(PROVIDED RECORDS Opens)

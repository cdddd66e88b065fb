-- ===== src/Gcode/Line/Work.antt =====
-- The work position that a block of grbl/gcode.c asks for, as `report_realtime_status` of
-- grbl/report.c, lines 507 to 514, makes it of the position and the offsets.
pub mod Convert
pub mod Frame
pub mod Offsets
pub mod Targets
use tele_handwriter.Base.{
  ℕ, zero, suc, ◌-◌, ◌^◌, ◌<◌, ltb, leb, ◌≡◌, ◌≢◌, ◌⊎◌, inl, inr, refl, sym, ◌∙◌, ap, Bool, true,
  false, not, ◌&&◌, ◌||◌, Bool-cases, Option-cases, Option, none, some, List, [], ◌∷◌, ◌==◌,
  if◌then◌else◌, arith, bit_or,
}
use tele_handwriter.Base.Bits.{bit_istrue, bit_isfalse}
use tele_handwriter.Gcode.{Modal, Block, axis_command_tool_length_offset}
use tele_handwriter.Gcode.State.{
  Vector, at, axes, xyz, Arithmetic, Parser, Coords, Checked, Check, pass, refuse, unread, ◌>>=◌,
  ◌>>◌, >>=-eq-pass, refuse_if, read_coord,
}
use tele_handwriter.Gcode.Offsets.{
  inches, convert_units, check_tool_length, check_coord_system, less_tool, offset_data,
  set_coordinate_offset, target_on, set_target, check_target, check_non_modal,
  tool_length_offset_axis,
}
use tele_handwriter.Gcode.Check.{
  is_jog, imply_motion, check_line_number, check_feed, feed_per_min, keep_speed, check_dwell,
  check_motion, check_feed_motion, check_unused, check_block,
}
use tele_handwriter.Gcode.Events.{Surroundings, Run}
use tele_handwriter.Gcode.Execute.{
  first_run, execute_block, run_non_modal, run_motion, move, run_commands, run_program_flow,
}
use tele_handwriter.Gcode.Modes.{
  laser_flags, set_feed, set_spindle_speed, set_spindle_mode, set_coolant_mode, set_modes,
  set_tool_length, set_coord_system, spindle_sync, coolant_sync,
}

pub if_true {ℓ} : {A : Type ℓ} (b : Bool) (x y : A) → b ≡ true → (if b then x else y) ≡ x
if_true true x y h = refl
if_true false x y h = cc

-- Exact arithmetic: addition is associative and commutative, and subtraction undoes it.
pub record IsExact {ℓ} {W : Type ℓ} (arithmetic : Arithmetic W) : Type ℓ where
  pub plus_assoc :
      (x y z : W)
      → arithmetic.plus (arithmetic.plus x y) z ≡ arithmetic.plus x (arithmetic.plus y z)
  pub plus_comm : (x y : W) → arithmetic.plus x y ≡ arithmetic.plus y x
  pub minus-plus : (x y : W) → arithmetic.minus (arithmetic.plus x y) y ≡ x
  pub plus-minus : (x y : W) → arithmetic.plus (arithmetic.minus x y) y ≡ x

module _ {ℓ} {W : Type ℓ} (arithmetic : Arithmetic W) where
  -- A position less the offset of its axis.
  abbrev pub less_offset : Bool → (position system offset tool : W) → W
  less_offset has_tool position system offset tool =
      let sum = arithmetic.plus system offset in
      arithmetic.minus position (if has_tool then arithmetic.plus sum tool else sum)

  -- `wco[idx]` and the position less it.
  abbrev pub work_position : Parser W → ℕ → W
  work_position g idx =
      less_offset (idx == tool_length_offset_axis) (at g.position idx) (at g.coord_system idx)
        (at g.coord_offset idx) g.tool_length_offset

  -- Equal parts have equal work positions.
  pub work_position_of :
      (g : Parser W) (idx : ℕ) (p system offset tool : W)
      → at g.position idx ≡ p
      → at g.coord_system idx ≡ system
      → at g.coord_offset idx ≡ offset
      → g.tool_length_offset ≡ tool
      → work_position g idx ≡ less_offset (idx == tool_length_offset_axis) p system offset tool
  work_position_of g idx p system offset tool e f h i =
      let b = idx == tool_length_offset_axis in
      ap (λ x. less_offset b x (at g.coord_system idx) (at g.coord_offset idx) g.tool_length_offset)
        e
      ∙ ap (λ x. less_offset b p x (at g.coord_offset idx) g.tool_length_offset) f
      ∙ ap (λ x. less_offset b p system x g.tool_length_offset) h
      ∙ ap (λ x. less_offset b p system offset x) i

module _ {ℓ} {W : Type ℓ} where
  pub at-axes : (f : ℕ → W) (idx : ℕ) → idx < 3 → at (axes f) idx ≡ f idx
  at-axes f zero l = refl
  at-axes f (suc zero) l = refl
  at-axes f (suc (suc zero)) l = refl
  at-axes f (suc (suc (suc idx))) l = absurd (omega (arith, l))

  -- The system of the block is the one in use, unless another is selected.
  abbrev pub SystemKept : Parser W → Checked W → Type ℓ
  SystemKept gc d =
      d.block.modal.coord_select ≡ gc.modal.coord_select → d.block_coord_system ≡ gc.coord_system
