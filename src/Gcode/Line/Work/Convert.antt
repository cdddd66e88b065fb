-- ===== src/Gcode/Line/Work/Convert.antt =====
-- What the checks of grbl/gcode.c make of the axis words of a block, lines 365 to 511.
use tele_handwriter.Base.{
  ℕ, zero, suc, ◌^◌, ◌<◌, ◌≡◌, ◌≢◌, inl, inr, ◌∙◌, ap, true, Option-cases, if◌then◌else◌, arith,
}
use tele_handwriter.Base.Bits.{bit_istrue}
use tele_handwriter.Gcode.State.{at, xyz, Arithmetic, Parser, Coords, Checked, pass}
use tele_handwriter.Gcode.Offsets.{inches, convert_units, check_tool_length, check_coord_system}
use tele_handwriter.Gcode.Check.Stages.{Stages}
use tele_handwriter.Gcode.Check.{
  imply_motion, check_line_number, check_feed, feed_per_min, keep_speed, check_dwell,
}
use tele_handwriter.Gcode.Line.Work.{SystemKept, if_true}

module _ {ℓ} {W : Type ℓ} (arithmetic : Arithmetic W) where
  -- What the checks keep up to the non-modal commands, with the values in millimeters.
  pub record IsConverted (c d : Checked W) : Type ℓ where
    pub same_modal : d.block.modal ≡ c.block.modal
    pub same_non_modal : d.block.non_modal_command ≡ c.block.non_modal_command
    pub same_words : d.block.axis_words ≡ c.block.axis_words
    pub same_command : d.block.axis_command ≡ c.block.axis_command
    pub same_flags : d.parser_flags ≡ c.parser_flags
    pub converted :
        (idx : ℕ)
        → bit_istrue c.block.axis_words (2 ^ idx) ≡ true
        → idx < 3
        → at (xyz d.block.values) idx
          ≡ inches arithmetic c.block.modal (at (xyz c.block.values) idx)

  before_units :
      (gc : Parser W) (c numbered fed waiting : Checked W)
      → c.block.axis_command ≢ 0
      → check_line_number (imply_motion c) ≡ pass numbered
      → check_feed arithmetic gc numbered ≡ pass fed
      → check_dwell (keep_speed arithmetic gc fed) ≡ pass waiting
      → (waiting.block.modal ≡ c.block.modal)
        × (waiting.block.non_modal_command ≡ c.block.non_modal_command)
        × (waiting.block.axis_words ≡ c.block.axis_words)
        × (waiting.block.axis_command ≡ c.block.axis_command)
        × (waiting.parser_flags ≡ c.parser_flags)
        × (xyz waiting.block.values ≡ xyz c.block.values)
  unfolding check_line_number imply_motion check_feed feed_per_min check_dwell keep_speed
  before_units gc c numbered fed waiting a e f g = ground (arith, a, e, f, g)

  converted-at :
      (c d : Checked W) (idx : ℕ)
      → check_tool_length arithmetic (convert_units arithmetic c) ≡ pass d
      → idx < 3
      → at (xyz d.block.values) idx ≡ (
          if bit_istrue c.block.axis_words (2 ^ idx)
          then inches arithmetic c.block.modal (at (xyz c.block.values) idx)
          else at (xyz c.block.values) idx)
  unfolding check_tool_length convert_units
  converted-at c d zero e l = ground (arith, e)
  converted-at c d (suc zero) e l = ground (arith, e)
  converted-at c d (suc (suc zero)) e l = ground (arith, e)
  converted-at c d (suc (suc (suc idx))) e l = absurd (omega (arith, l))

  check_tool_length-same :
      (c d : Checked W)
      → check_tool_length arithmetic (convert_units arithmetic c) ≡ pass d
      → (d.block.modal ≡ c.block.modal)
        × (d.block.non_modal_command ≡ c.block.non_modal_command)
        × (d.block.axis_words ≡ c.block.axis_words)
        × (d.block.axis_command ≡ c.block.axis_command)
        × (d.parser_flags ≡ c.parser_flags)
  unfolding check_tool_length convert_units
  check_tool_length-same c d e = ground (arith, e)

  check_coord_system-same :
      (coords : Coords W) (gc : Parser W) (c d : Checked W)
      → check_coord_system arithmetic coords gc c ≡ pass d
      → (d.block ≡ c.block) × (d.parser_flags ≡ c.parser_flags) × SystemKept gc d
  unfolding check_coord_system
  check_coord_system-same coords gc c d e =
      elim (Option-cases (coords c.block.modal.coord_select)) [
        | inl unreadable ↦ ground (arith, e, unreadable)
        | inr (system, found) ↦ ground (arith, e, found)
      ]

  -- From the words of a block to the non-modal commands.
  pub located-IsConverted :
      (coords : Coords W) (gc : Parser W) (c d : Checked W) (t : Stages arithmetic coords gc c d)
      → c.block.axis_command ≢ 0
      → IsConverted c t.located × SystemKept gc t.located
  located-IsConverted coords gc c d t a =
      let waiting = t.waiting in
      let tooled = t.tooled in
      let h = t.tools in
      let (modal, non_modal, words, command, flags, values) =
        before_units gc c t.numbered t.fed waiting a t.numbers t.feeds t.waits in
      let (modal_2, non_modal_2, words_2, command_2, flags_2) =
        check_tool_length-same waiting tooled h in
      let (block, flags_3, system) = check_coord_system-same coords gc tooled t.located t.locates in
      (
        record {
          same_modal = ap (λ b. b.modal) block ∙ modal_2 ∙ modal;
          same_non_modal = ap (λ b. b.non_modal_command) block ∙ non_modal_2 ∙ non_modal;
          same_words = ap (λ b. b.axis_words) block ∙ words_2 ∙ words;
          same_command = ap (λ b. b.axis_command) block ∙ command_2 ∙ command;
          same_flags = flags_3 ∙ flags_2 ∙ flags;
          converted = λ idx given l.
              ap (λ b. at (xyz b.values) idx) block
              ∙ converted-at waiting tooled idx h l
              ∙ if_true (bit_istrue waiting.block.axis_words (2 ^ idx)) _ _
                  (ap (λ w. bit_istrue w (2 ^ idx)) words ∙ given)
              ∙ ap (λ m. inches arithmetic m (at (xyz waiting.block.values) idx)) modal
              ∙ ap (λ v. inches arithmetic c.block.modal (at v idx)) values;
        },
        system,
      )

(PROVIDED RECORDS Closes)

> [YOUR INSTRUCTIONS]:
Determine how many lines in the entries above contain the word "State", and respond with the number alone.

> [EXERCISE ANSWER]:
2